Saved data entries:

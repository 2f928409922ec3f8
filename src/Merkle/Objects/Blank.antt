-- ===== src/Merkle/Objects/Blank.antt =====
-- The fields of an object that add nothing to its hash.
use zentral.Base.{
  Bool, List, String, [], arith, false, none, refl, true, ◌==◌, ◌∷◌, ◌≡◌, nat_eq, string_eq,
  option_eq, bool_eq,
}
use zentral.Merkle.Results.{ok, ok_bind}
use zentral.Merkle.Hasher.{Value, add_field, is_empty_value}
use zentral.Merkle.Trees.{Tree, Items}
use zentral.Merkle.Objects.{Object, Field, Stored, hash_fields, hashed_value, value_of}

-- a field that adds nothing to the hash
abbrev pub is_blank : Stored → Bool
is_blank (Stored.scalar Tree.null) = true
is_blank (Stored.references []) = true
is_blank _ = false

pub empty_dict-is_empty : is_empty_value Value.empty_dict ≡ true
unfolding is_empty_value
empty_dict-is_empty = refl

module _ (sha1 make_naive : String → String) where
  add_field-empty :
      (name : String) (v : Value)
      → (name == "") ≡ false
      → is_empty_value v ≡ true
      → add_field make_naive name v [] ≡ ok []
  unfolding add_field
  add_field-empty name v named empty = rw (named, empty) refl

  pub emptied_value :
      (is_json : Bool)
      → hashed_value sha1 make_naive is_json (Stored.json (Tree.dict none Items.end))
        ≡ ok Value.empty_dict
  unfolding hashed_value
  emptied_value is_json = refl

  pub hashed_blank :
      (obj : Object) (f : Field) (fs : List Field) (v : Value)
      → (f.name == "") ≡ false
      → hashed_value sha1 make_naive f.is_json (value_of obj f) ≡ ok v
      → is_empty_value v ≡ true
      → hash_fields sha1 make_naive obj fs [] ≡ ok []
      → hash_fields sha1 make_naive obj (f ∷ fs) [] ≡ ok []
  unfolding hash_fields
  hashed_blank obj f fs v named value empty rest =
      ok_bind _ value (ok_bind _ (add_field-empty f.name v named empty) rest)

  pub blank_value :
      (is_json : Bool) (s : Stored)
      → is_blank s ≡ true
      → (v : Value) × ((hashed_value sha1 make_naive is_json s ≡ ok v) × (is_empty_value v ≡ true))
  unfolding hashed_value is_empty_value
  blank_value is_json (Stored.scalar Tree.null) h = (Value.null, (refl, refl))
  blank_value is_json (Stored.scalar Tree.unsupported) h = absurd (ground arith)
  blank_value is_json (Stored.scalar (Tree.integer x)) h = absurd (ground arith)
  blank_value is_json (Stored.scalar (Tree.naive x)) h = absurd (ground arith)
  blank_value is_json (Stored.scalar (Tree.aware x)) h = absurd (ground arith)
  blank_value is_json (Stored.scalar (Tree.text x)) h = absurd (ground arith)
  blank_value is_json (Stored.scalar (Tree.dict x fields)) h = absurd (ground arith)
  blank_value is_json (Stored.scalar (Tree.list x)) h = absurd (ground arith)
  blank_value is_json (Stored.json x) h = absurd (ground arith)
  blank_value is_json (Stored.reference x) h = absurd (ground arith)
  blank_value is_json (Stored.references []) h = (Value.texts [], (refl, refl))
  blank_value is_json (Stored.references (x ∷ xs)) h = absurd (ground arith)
* * *
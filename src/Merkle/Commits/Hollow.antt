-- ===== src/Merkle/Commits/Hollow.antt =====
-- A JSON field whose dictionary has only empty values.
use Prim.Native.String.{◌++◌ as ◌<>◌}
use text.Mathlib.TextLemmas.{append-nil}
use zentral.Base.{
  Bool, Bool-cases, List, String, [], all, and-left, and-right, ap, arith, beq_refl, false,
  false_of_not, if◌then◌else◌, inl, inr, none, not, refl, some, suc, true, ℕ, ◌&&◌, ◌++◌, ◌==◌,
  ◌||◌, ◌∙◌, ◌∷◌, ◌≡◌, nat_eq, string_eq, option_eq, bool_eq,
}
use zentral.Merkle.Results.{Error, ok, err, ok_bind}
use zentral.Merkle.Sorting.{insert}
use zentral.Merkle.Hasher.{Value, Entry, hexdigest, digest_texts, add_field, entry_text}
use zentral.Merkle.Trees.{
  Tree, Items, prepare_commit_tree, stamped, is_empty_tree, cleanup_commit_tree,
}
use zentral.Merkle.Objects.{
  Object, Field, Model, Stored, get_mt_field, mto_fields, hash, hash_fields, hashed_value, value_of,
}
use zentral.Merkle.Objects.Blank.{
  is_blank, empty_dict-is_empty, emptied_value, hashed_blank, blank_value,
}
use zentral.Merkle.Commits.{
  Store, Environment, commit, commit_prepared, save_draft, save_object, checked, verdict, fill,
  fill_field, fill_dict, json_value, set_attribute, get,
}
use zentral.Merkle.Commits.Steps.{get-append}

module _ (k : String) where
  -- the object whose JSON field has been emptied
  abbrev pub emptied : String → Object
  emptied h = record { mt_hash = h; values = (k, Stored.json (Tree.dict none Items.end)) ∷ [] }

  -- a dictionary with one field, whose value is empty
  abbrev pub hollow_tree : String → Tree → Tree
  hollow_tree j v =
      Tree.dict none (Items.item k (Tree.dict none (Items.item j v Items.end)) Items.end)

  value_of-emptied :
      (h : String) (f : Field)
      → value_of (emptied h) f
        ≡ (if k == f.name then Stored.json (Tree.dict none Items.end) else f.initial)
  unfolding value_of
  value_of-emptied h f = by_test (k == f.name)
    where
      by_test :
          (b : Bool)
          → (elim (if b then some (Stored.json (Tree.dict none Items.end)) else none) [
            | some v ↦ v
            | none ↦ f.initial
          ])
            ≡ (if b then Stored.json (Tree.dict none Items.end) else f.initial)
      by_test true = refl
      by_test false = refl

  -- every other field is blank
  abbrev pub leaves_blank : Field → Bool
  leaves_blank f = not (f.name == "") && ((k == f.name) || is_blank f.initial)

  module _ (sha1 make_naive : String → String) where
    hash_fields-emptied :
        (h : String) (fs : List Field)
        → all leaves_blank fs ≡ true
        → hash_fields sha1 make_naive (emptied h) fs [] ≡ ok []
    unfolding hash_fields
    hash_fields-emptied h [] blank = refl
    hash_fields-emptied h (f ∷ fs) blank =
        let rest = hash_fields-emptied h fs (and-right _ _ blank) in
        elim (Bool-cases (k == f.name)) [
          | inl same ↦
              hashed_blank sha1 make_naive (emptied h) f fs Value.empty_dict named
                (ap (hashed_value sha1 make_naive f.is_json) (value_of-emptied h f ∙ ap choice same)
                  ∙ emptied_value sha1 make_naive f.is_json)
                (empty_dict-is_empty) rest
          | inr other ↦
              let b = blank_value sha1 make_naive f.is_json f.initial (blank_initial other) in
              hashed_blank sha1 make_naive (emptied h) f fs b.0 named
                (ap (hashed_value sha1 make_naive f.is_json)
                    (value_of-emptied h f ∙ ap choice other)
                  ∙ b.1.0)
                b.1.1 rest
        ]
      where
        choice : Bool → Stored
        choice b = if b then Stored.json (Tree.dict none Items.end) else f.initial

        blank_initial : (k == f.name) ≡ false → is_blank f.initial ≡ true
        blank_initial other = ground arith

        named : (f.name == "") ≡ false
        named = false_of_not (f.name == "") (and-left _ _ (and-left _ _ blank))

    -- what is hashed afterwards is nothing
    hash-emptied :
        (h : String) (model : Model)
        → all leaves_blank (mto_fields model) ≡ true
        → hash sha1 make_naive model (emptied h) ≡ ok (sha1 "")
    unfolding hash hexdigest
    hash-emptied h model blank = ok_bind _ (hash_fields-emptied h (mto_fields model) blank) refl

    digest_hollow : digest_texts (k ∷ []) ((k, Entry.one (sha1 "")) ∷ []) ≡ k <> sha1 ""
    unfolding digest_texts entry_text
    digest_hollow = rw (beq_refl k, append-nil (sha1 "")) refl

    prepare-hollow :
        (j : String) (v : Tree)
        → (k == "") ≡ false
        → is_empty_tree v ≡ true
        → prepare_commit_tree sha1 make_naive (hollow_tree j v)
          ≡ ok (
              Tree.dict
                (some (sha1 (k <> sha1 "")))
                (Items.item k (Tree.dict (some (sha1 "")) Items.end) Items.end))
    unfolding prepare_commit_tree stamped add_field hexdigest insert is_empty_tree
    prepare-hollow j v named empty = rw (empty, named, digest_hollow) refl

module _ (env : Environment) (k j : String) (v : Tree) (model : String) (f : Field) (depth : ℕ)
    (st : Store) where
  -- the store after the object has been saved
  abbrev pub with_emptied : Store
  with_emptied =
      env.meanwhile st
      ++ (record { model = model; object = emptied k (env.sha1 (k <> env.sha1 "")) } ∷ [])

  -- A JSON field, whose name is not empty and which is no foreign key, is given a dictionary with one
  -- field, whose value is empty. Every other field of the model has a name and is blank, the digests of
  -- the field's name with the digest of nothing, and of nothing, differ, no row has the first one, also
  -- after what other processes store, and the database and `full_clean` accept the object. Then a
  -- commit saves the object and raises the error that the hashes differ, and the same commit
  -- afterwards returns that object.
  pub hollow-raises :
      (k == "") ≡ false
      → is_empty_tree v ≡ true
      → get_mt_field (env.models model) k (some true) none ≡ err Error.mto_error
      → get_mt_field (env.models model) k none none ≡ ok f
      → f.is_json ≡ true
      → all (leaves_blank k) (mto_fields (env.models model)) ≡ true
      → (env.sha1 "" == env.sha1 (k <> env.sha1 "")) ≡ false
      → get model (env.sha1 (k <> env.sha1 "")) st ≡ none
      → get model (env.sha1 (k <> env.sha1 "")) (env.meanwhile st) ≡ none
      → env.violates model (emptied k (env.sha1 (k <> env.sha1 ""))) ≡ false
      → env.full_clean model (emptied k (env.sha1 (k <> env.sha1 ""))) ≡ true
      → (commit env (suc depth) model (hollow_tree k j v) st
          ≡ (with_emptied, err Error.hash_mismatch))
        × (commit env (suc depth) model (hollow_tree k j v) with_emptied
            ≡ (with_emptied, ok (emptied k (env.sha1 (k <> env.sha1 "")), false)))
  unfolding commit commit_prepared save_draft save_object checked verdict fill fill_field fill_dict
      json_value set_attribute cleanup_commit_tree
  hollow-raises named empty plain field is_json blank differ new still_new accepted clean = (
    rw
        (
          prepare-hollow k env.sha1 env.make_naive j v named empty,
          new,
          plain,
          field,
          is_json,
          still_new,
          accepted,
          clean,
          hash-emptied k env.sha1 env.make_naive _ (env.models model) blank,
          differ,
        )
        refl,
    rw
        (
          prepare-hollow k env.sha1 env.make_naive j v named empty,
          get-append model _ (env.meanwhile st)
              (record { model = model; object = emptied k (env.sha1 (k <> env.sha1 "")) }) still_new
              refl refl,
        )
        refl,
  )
---
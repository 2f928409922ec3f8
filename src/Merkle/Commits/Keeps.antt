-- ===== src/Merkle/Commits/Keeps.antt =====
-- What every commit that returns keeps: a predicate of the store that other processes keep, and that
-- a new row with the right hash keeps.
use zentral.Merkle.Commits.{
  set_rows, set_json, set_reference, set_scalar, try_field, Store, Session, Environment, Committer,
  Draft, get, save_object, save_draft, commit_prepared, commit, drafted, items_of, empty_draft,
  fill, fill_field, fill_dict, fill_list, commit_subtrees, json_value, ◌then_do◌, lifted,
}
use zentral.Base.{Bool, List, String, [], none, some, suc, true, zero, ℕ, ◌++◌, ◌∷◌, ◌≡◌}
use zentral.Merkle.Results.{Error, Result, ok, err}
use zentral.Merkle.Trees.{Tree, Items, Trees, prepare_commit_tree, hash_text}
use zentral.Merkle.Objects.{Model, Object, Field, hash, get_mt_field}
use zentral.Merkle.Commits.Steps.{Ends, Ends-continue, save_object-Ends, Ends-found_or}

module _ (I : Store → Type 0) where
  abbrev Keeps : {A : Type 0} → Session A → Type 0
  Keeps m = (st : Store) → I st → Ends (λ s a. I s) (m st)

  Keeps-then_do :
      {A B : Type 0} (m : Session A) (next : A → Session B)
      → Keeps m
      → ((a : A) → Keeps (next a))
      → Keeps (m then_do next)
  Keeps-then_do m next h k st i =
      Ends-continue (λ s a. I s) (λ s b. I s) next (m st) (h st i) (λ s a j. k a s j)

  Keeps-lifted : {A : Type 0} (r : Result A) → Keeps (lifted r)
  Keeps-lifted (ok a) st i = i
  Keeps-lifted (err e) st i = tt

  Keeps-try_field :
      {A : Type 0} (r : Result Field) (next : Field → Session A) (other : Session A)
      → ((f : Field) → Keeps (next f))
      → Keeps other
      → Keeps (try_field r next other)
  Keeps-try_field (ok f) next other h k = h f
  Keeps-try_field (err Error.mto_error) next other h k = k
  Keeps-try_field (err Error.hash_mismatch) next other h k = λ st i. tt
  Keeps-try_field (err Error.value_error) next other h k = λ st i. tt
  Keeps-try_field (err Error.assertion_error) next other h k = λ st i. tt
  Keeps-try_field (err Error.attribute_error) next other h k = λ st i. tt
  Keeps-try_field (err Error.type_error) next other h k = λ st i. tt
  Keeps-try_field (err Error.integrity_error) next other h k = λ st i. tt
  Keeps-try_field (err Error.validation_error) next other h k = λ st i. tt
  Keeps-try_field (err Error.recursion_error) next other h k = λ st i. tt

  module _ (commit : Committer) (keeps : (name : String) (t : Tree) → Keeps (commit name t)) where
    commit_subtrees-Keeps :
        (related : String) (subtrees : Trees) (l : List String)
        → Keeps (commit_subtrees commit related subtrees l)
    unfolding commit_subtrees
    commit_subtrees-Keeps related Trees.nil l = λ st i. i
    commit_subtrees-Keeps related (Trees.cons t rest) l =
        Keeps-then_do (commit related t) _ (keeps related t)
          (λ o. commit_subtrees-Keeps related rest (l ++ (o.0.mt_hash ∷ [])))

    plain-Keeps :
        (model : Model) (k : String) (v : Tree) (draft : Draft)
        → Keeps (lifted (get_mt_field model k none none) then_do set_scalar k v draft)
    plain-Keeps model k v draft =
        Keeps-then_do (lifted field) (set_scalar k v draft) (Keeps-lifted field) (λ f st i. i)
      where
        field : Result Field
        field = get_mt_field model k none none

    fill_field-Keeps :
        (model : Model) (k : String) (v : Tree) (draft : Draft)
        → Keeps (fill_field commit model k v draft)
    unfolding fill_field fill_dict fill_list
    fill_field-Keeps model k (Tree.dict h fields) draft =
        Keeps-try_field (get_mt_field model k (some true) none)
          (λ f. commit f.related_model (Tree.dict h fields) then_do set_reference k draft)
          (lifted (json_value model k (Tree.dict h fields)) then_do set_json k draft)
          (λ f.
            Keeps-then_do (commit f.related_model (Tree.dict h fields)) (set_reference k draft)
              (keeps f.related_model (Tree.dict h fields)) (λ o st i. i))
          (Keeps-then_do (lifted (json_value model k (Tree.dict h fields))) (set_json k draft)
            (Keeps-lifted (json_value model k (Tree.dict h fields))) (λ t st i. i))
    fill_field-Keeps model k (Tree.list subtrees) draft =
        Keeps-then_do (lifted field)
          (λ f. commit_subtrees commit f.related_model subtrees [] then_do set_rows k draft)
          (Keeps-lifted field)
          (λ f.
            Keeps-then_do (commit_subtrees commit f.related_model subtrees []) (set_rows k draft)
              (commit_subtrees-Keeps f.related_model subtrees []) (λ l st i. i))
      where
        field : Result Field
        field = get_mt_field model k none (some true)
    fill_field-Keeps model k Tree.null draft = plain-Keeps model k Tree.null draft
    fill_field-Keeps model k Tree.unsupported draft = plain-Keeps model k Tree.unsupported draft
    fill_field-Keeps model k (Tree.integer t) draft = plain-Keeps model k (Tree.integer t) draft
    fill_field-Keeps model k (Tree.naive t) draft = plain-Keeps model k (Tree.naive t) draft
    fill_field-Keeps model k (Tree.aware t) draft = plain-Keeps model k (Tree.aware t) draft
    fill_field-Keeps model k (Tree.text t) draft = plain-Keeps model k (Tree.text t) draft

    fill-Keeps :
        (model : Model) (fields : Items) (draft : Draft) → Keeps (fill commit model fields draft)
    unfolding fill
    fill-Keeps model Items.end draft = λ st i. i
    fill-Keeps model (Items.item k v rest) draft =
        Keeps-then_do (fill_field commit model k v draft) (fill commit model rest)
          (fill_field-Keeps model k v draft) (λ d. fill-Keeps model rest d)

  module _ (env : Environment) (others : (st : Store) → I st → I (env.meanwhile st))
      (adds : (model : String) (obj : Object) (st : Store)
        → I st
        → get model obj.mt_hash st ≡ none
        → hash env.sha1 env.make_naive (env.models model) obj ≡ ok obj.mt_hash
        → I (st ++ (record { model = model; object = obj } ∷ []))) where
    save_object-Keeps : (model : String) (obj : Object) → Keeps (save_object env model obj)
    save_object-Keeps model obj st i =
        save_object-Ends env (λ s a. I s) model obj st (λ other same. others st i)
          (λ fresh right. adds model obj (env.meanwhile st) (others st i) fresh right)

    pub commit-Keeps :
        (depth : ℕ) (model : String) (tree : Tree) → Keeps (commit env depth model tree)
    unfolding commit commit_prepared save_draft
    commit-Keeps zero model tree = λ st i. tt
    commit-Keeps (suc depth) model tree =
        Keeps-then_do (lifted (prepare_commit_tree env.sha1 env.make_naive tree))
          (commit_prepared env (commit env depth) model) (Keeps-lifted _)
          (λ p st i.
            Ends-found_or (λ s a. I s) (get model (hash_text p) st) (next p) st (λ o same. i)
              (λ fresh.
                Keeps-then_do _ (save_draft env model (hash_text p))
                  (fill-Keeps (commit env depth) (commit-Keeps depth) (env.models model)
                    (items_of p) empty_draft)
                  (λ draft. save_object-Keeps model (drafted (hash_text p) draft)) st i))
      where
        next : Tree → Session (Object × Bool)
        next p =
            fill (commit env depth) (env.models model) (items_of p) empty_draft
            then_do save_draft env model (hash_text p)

**What to work on**
Restate word for word the lines of the data above, starting at the line containing "commit-Keeps zero model tree = λ st i. tt" and ending at the line containing "then_do save_draft env", both included, and nothing more.

**Answer to the exercise**
    commit-Keeps zero model tree = λ st i. tt
    commit-Keeps (suc depth) model tree =
        Keeps-then_do (lifted (prepare_commit_tree env.sha1 env.make_naive tree))
          (commit_prepared env (commit env depth) model) (Keeps-lifted _)
          (λ p st i.
            Ends-found_or (λ s a. I s) (get model (hash_text p) st) (next p) st (λ o same. i)
              (λ fresh.
                Keeps-then_do _ (save_draft env model (hash_text p))
                  (fill-Keeps (commit env depth) (commit-Keeps depth) (env.models model)
                    (items_of p) empty_draft)
                  (λ draft. save_object-Keeps model (drafted (hash_text p) draft)) st i))
      where
        next : Tree → Session (Object × Bool)
        next p =
            fill (commit env depth) (env.models model) (items_of p) empty_draft
            then_do save_draft env model (hash_text p)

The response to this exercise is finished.